An der Station in Biri bei Kilometer 383 stopfen wir uns ein paar leckere Sandwiches in die hungrigen Mäuler und spülen sie mit Kaffee runter, während Sven alleine weiter fährt. Wir holen ihn bald wieder ein. Doch er leidet und ist am Anschlag, so dass wir ihn bald hinter uns lassen müssen. Bruno realisiert, dass wir die ersten sein könnten, die aus Trondheim im Ziel sein könnten. Entsprechend gehetzt geht es an den verbleibenden Stationen zu. Dieses Zeil motiviert auch mich zusätzlich. Wir müssen zu weit noch rund 150 Kilometer abspulen. 36 Stunden sind wir nun wach und haben 400 Kilometer, 0 Grad Celsius und Regen (zum Glück nicht gleichzeitig) hinter uns. 

 
Am Ende des Mjøsa-Sees dreht der Wind und kommt nun von vorne. Zudem nimmt der Verkehr zu. Hinter Radfahrern, die auf den kürzeren Strecken unterwegs sind, gibt es immer wieder Stau.

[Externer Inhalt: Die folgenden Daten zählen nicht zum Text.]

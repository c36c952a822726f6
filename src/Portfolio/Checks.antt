-- ===== src/Portfolio/Checks.antt =====
-- shared/portfolio-dto.ts: the checks of a snapshot (`assertPortfolioSnapshot`). The URL parser is
-- the browser's, and a parameter. Directions, hints and sources have their declared types, so the
-- checks of these have nothing left to find.
pub mod Sound
use csboard_extension.Prelude.{
  ℕ, zero, suc, ◌*◌, ◌^◌, ◌+◌, ◌++◌, Bool, true, false, not, ◌&&◌, ◌||◌, Option, none, some, List,
  [], ◌∷◌, map, leb, ltb, ◌==◌, length, all,
}
use csboard_extension.Prelude.Int.{ℤ, pos, negsuc, ltb_ℤ, is_safe_integer}
use csboard_extension.Prelude.Text.{
  Text, codes, ◌===◌, includes, is_digit, is_base64url, is_run_of, starts_with,
}
use csboard_extension.Prelude.Pattern.{is_space}
use csboard_extension.Shared.Result.{ok, err, ◌>>◌, throw_if, in_order}
use csboard_extension.Gateway.Error.{
  GatewayPayloadError, Checked, invalid, invalid_at_path, too_large, require,
}
use csboard_extension.Gateway.Identity.{decimal, assert_steam_id_64}
use csboard_extension.Gateway.Payload.{
  Number, int, fraction, non_finite, assert_safe_gateway_payload,
}
use csboard_extension.Portfolio.Records.{Sticker, Item, TradeItem, Trade, Offer, Sources, Snapshot}
use csboard_extension.Portfolio.Fields.{
  max_inventory_items_per_run, max_trades_per_run, max_offers_per_run, Url, assert_identifier,
  assert_quantity, assert_timestamp, assert_steam_account_id, if_present, for_each, is_bad_name,
  is_unit_interval, is_zero, in_range, assert_sticker, economy_image, icon_origins, assert_stickers,
}
use csboard_extension.Portfolio.Json.{snapshot_js, direction_text}

module _ (parse_url : Text → Option Url) where
  unfoldable pub assert_steam_icon_url : Text → Checked (Unit {0})
  assert_steam_icon_url value = elim (parse_url value) [
    | none ↦ err invalid_at_path
    | some url ↦
        throw_if
          (not (includes icon_origins url.origin) || not (starts_with economy_image url.pathname))
          invalid_at_path
  ]

  -- `if (item.iconUrl)` passes over an empty text.
  abbrev pub assert_truthy_icon : Option Text → Checked (Unit {0})
  assert_truthy_icon none = ok tt
  assert_truthy_icon (some []) = ok tt
  assert_truthy_icon (some (c ∷ s)) = assert_steam_icon_url (c ∷ s)

  abbrev pub trade_item_checks : TradeItem → List (Checked (Unit {0}))
  trade_item_checks item =
      require (item.app_id === codes "730") invalid_at_path
      ∷ assert_identifier item.asset_id
      ∷ assert_identifier item.class_id
      ∷ assert_identifier item.instance_id
      ∷ assert_quantity item.amount
      ∷ require (is_run_of is_digit 1 4 item.context_id) invalid_at_path
      ∷ if_present item.market_hash_name (λ name. throw_if (is_bad_name 240 name) invalid_at_path)
      ∷ if_present item.icon_url assert_steam_icon_url
      ∷ []

  unfoldable pub assert_trade_item : TradeItem → Checked (Unit {0})
  assert_trade_item item = in_order (trade_item_checks item)

  abbrev pub inventory_item_checks : Item → List (Checked (Unit {0}))
  inventory_item_checks item =
      throw_if
        (not (item.app_id === codes "730")
          || (not (item.context_id === codes "2") && not (item.context_id === codes "16")))
        invalid_at_path
      ∷ assert_identifier item.asset_id
      ∷ assert_identifier item.class_id
      ∷ assert_identifier item.instance_id
      ∷ assert_quantity item.amount
      ∷ throw_if (is_bad_name 240 item.market_hash_name) invalid_at_path
      ∷ if_present item.name (λ name. throw_if (is_bad_name 240 name) invalid_at_path)
      ∷ assert_truthy_icon item.icon_url
      ∷ if_present item.tradable_after assert_timestamp
      ∷ if_present item.float_value (λ value. require (is_unit_interval value) invalid_at_path)
      ∷ if_present item.paint_seed (in_range 1000)
      ∷ if_present item.paint_index (in_range 1_000_000)
      ∷ if_present item.def_index (in_range 1_000_000)
      ∷ assert_stickers item.stickers
      ∷ []

  unfoldable pub assert_inventory_item : Item → Checked (Unit {0})
  assert_inventory_item item = in_order (inventory_item_checks item)

  abbrev pub trade_checks : Trade → List (Checked (Unit {0}))
  trade_checks trade =
      assert_identifier trade.trade_id
      ∷ assert_steam_id_64 trade.partner_steam_id
      ∷ assert_timestamp trade.occurred_at
      ∷ throw_if
          (is_zero trade.occurred_at
            || ltb 200 (length trade.items_given)
            || ltb 200 (length trade.items_received))
          invalid_at_path
      ∷ for_each trade.items_given assert_trade_item
      ∷ for_each trade.items_received assert_trade_item
      ∷ []

  unfoldable pub assert_trade : Trade → Checked (Unit {0})
  assert_trade trade = in_order (trade_checks trade)

  abbrev pub offer_checks : Offer → List (Checked (Unit {0}))
  offer_checks offer =
      assert_identifier offer.offer_id
      ∷ assert_steam_account_id offer.partner_account_id
      ∷ throw_if (ltb_ℤ offer.state (pos 3) || ltb_ℤ (pos 3) offer.state) invalid_at_path
      ∷ assert_timestamp offer.created_at
      ∷ if_present offer.completed_trade_id assert_identifier
      ∷ throw_if
          (is_zero offer.created_at
            || ltb 200 (length offer.items_to_give)
            || ltb 200 (length offer.items_to_receive))
          invalid_at_path
      ∷ if_present offer.expires_at assert_timestamp
      ∷ if_present offer.escrow_end_at assert_timestamp
      ∷ for_each offer.items_to_give assert_trade_item
      ∷ for_each offer.items_to_receive assert_trade_item
      ∷ []

  unfoldable pub assert_offer : Offer → Checked (Unit {0})
  assert_offer offer = in_order (offer_checks offer)

unfoldable pub portfolio_asset_identity : Item → Text
portfolio_asset_identity item = item.app_id ++ b':' ∷ (item.context_id ++ b':' ∷ item.asset_id)

unfoldable pub offer_key : Offer → Text
offer_key offer = direction_text offer.direction ++ b':' ∷ offer.offer_id

-- A loop that checks each entry and then that its key was not seen before.
module _ {ℓ} {A : Type ℓ} (check : A → Checked (Unit {0})) (key : A → Text)
    (duplicate : GatewayPayloadError) where
  unfoldable pub check_distinct : List Text → List A → Checked (Unit {0})
  check_distinct seen [] = ok tt
  check_distinct seen (x ∷ xs) =
      check x >> throw_if (includes seen (key x)) duplicate >> check_distinct (key x ∷ seen) xs

abbrev pub some_source : Option Sources → Checked (Unit {0})
some_source none = ok tt
some_source (some s) = require (s.inventory || s.trade_history || s.trade_offers) invalid_at_path

unfoldable pub exceeds_run_limits : Snapshot → Bool
exceeds_run_limits s =
    ltb max_inventory_items_per_run (length s.inventory_items)
    || ltb max_trades_per_run (length s.trades)
    || ltb max_offers_per_run (length s.offers)

module _ (parse_url : Text → Option Url) where
  unfoldable pub snapshot_checks : Snapshot → List (Checked (Unit {0}))
  snapshot_checks s =
      assert_safe_gateway_payload (snapshot_js s)
      ∷ require (s.kind === codes "portfolio.snapshot.v1") invalid_at_path
      ∷ assert_steam_id_64 s.steam_id
      ∷ assert_timestamp s.captured_at
      ∷ require (is_run_of is_base64url 22 86 s.sync_run_id) invalid_at_path
      ∷ some_source s.sources
      ∷ throw_if (exceeds_run_limits s) (too_large "sync-run-record-limit")
      ∷ check_distinct (assert_inventory_item parse_url) portfolio_asset_identity
          (invalid "duplicate-asset-identity") [] s.inventory_items
      ∷ check_distinct (assert_trade parse_url) (λ t. t.trade_id) (invalid "duplicate-trade") []
          s.trades
      ∷ check_distinct (assert_offer parse_url) offer_key (invalid "duplicate-offer") [] s.offers
      ∷ []

  unfoldable pub assert_portfolio_snapshot : Snapshot → Checked (Unit {0})
  unfolding snapshot_checks
  assert_portfolio_snapshot s = in_order (snapshot_checks s)
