-- ===== src/Portfolio/Checks/Sound.antt =====
-- shared/portfolio-dto.ts: what `assertPortfolioSnapshot` establishes of a snapshot.
use csboard_extension.Prelude.{
  All-map, ◌≤◌, ◌≡◌, refl, true, false, Option, List, [], ◌∷◌, map, arith, length, All,
}
use csboard_extension.Prelude.Int.{pos, eq_of_parts}
use csboard_extension.Prelude.Text.{Text, ===_iff, includes}
use csboard_extension.Shared.Result.{ok, ◌>>◌, >>-eq-ok, throw_if, throw_if-eq-ok, in_order-AllPass}
use csboard_extension.Gateway.Error.{GatewayPayloadError, Checked}
use csboard_extension.Gateway.Identity.{is_steam_id_64, assert_steam_id_64}
use csboard_extension.Gateway.Payload.Contents.{IsSafe}
use csboard_extension.Gateway.Payload.Complete.{assert-IsSafe_iff}
use csboard_extension.Portfolio.Records.{Trade, Offer, Snapshot}
use csboard_extension.Portfolio.Json.{snapshot_js}
use csboard_extension.Portfolio.Fields.{
  max_inventory_items_per_run, max_trades_per_run, max_offers_per_run, Url,
}
use csboard_extension.Portfolio.Checks.{
  assert_trade, assert_offer, trade_checks, offer_checks, check_distinct, portfolio_asset_identity,
  offer_key, exceeds_run_limits, snapshot_checks, assert_portfolio_snapshot,
}

abbrev pub IsDistinct : List Text → Type 0
IsDistinct [] = Unit
IsDistinct (k ∷ ks) = (includes ks k ≡ false) × IsDistinct ks

module _ {ℓ} {A : Type ℓ} (check : A → Checked (Unit {0})) (key : A → Text)
    (duplicate : GatewayPayloadError) where
  pub record Distinct (seen : List Text) (xs : List A) : Type ℓ where
    pub checked : All (λ x. check x ≡ ok tt) xs
    pub new : All (λ x. includes seen (key x) ≡ false) xs
    pub distinct : IsDistinct (map key xs)

  apart_from :
      (k : Text) (seen : List Text) (xs : List A)
      → All (λ x. includes (k ∷ seen) (key x) ≡ false) xs
      → (includes (map key xs) k ≡ false) × All (λ x. includes seen (key x) ≡ false) xs
  unfolding includes
  apart_from k seen [] h = (refl, tt)
  apart_from k seen (x ∷ xs) (h, hs) =
      let rest = apart_from k seen xs hs in
      (ground (arith, rest.0, ===_iff k (key x), ===_iff (key x) k), (ground arith, rest.1))

  pub check_distinct-Distinct :
      (seen : List Text) (xs : List A)
      → check_distinct check key duplicate seen xs ≡ ok tt
      → Distinct seen xs
  unfolding check_distinct
  check_distinct-Distinct seen [] h = record { checked = tt; new = tt; distinct = tt }
  check_distinct-Distinct seen (x ∷ xs) h =
      let (first, later) =
        >>-eq-ok (check x >> throw_if (includes seen (key x)) duplicate)
          (check_distinct check key duplicate (key x ∷ seen) xs) h in
      let (checked, fresh) =
        >>-eq-ok (check x) (throw_if (includes seen (key x)) duplicate) first in
      let rest = check_distinct-Distinct (key x ∷ seen) xs later in
      let apart = apart_from (key x) seen xs rest.new in
      record {
        checked = (checked, rest.checked);
        new = (throw_if-eq-ok _ _ fresh, apart.1);
        distinct = (apart.0, rest.distinct);
      }

-- At most 200 items on a side.
pub record IsSmallTrade (t : Trade) : Type 0 where
  pub given : length t.items_given ≤ 200
  pub received : length t.items_received ≤ 200
  pub partner : is_steam_id_64 t.partner_steam_id ≡ true

pub record IsAcceptedOffer (o : Offer) : Type 0 where
  pub accepted : o.state ≡ pos 3
  pub given : length o.items_to_give ≤ 200
  pub received : length o.items_to_receive ≤ 200

module _ (parse_url : Text → Option Url) where
  assert_trade-IsSmallTrade : (t : Trade) → assert_trade parse_url t ≡ ok tt → IsSmallTrade t
  unfolding assert_trade assert_steam_id_64
  assert_trade-IsSmallTrade t h =
      let (id, (partner, (time, (sizes, rest)))) = in_order-AllPass (trade_checks parse_url t) h in
      let small = throw_if-eq-ok _ _ sizes in
      record { given = ground arith; received = ground arith; partner = ground arith }

  assert_offer-IsAcceptedOffer : (o : Offer) → assert_offer parse_url o ≡ ok tt → IsAcceptedOffer o
  unfolding assert_offer
  assert_offer-IsAcceptedOffer o h =
      let (id, (partner, (state, (time, (completed, (sizes, rest)))))) =
        in_order-AllPass (offer_checks parse_url o) h in
      let small = throw_if-eq-ok _ _ sizes in
      let accepted = throw_if-eq-ok _ _ state in
      record {
        accepted = eq_of_parts o.state (pos 3) (ground arith);
        given = ground arith;
        received = ground arith;
      }

-- The snapshots that may be cut into chunks.
pub record IsSoundSnapshot (s : Snapshot) : Type 0 where
  pub safe : IsSafe 0 (snapshot_js s)
  pub owner : is_steam_id_64 s.steam_id ≡ true
  pub few_items : length s.inventory_items ≤ max_inventory_items_per_run
  pub few_trades : length s.trades ≤ max_trades_per_run
  pub few_offers : length s.offers ≤ max_offers_per_run
  pub distinct_items : IsDistinct (map portfolio_asset_identity s.inventory_items)
  pub distinct_trades : IsDistinct (map (λ (t : Trade). t.trade_id) s.trades)
  pub distinct_offers : IsDistinct (map offer_key s.offers)
  pub small_trades : All IsSmallTrade s.trades
  pub accepted_offers : All IsAcceptedOffer s.offers

few_of_limits :
    (s : Snapshot)
    → exceeds_run_limits s ≡ false
    → (length s.inventory_items ≤ max_inventory_items_per_run)
      × (length s.trades ≤ max_trades_per_run)
      × (length s.offers ≤ max_offers_per_run)
unfolding exceeds_run_limits
few_of_limits s h = ground arith

-- A snapshot that passes the check has no secret in it, belongs to a valid Steam account, holds at
-- most 5000 items, 100 trades and 1000 offers, none of them twice, and only trades and accepted
-- offers of at most 200 items on a side.
pub assert_portfolio_snapshot_sound :
    (parse_url : Text → Option Url) (s : Snapshot)
    → assert_portfolio_snapshot parse_url s ≡ ok tt
    → IsSoundSnapshot s
unfolding assert_portfolio_snapshot snapshot_checks assert_steam_id_64
assert_portfolio_snapshot_sound parse_url s h =
    let (safe, (kind, (owner, (time, (run, (source, (limits, (items, (trades, (offers, _)))))))))) =
      in_order-AllPass (snapshot_checks parse_url s) h in
    let few = few_of_limits s (throw_if-eq-ok _ _ limits) in
    let items' = check_distinct-Distinct _ _ _ [] s.inventory_items items in
    let trades' = check_distinct-Distinct _ _ _ [] s.trades trades in
    let offers' = check_distinct-Distinct _ _ _ [] s.offers offers in
    record {
      safe = (assert-IsSafe_iff _).0 safe;
      owner = ground arith;
      few_items = few.0;
      few_trades = few.1;
      few_offers = few.2;
      distinct_items = items'.distinct;
      distinct_trades = trades'.distinct;
      distinct_offers = offers'.distinct;
      small_trades = All-map (assert_trade-IsSmallTrade parse_url) s.trades trades'.checked;
      accepted_offers = All-map (assert_offer-IsAcceptedOffer parse_url) s.offers offers'.checked;
    }
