-- ===== src/Client/Discovery/Sound.antt =====
-- background/gateway-client.ts: what holds of a discovery document that is not rejected.
use csboard_extension.Prelude.{
  ◌≤◌, ◌≡◌, refl, Bool, true, false, Option, none, some, List, [], ◌∷◌, map, ap, arith, length,
  keep,
}
use csboard_extension.Prelude.Int.{ℤ, pos, ◌+ℤ◌, ◌-ℤ◌, ◌≤ℤ◌, ◌<ℤ◌}
use csboard_extension.Prelude.Text.{Text, codes}
use csboard_extension.Gateway.Payload.{Fields}
use csboard_extension.Client.Body.{lookup}
use csboard_extension.Portfolio.Checks.Sound.{IsDistinct}
use csboard_extension.Client.Discovery.{
  max_gateway_clock_skew_seconds, max_discovery_lifetime_seconds, DiscoveryKey, DiscoveryDocument,
  ◌>>=◌, guard, are_distinct, is_active, is_current, sole, are_keys, chosen, choose, has_header,
  within_times, safe_integer_of, array_of, validate_keys, validate_discovery_document,
}

-- A document that is not from the future, not expired and short-lived, with at most three keys of
-- different ids, of which the chosen one is the only active one.
pub record IsUsable (now : ℤ) (document : DiscoveryDocument) (key : DiscoveryKey) : Type 0 where
  pub issued : document.issued_at ≤ℤ (now +ℤ pos max_gateway_clock_skew_seconds)
  pub alive : now <ℤ document.expires_at
  pub short : (document.expires_at -ℤ document.issued_at) ≤ℤ pos max_discovery_lifetime_seconds
  pub few : length document.keys ≤ 3
  pub distinct : IsDistinct (map (λ (k : DiscoveryKey). k.key_id) document.keys)
  pub only : keep is_active document.keys ≡ key ∷ []

>>=-eq-some {ℓ κ} :
    {A : Type ℓ} {B : Type κ} (o : Option A) (f : A → Option B) (b : B)
    → (o >>= f) ≡ some b
    → (a : A) × (o ≡ some a) × (f a ≡ some b)
>>=-eq-some none f b h = cc
>>=-eq-some (some a) f b h = (a, refl, h)

guard_passed : (test : Bool) → guard test ≡ some tt → test ≡ true
guard_passed true h = refl
guard_passed false h = cc

are_distinct-IsDistinct : (ids : List Text) → are_distinct ids ≡ true → IsDistinct ids
unfolding are_distinct
are_distinct-IsDistinct [] h = tt
are_distinct-IsDistinct (id ∷ ids) h = (ground arith, are_distinct-IsDistinct ids (ground arith))

sole-eq-some :
    (keys : List DiscoveryKey) (key : DiscoveryKey) → sole keys ≡ some key → keys ≡ key ∷ []
sole-eq-some [] key h = cc
sole-eq-some (k ∷ []) key h = ground arith
sole-eq-some (k ∷ other ∷ keys) key h = cc

chosen-IsUsable :
    (now issued expires : ℤ) (keys : List DiscoveryKey) (document : DiscoveryDocument)
    (key : DiscoveryKey)
    → is_current now issued expires ≡ true
    → choose issued expires keys ≡ some (document, key)
    → IsUsable now document key
chosen-IsUsable now issued expires keys document key current h =
    let (_, passed, later) = >>=-eq-some (guard (are_keys keys)) _ _ h in
    let (only, sole_key, made) =
      >>=-eq-some (sole (keep is_active keys)) (chosen issued expires keys) _ later in
    let fine = guard_passed (are_keys keys) passed in
    let same : (record { issued_at = issued; expires_at = expires; keys = keys }, only)
        ≡ (document, key) =
      ground arith in
    let document_same = ap (λ (p : DiscoveryDocument × DiscoveryKey). p.0) same in
    let key_same = ap (λ (p : DiscoveryDocument × DiscoveryKey). p.1) same in
    rw⁻¹ (document_same, key_same)
      (record {
        issued = ground arith;
        alive = ground arith;
        short = ground arith;
        few = ground arith;
        distinct = are_distinct-IsDistinct _ (ground arith);
        only = sole-eq-some (keep is_active keys) only sole_key;
      })

-- A document that is accepted was issued at most five minutes ahead, has not expired, lives a day at
-- most, and has at most three keys, of different ids, of which exactly the chosen one is active.
pub validate_discovery_document-IsUsable :
    (value : Fields) (now : ℤ) (document : DiscoveryDocument) (key : DiscoveryKey)
    → validate_discovery_document value now ≡ some (document, key)
    → IsUsable now document key
unfolding validate_discovery_document
validate_discovery_document-IsUsable value now document key h =
    let (_, _, h_1) = >>=-eq-some (guard (has_header value)) _ _ h in
    let (issued, _, h_2) =
      >>=-eq-some (safe_integer_of (lookup (codes "issuedAt") value)) _ _ h_1 in
    let (expires, _, h_3) =
      >>=-eq-some (safe_integer_of (lookup (codes "expiresAt") value))
        (within_times value now issued) _ h_2 in
    let (_, current, h_4) = >>=-eq-some (guard (is_current now issued expires)) _ _ h_3 in
    let (items, _, h_5) = >>=-eq-some (array_of (lookup (codes "keys") value)) _ _ h_4 in
    let (keys, _, h_6) = >>=-eq-some (validate_keys items) (choose issued expires) _ h_5 in
    chosen-IsUsable now issued expires keys document key
      (guard_passed (is_current now issued expires) current) h_6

Die norwegischen Autofahrer sind sehr rücksichtsvoll und warten sehr lange, bevor sie überholen. Das Gebiet wird urbaner und gibt landschaftlich nicht mehr viel her wie zuvor. Dafür geniessen wir Vorfahrt in den vielen Kreiseln und werden von den Helfern und einigen Zuschauern durch Heja-Rufe unterstützt. Das Profil ist auch nicht mehr ohne - oder mindestens fühlt es sich so an. Nach so vielen Kilometern tut jeder noch so kleine Anstieg weh. Die Energie-Level ist bei Beiden trotzdem hoch genug, dass wir ordentlich vorwärts kommen und bald der letzte Anstieg geschafft ist. Auf diesem sind für die Radler extra zwei (!) Spuren der Autobahn abgetrennt. Den Ortsschildsprint am Stadtrand von Oslo lassen wir aus und verabreden, dass wir zusammen über die Ziellinie fahren werden. 

 

Der Speaker in der Ankunftshalle realisiert rasch, dass hier soeben die ersten beiden Fahrer ankommen, die 18 Stunden und 40 Minuten zuvor in Trondheim gestartet sind. So darf Bruno noch ein kurzes Interview geben, während ich die Szene fotografisch festhalte. Danach setzen wir uns auf den Boden. Ich spule den Film gedanklich nochmals zurück und habe Angst, dass ich danach nicht mehr aufstehen kann. Eine knappe Stunde später kommt Sven ins Ziel. 

 

Dieser Film kommt ganz zuvorderst ins Regal und ich werde in gerne immer wieder ansehen - drehen nicht mehr unmittelbar wieder: Pain is temporary, glory is forever!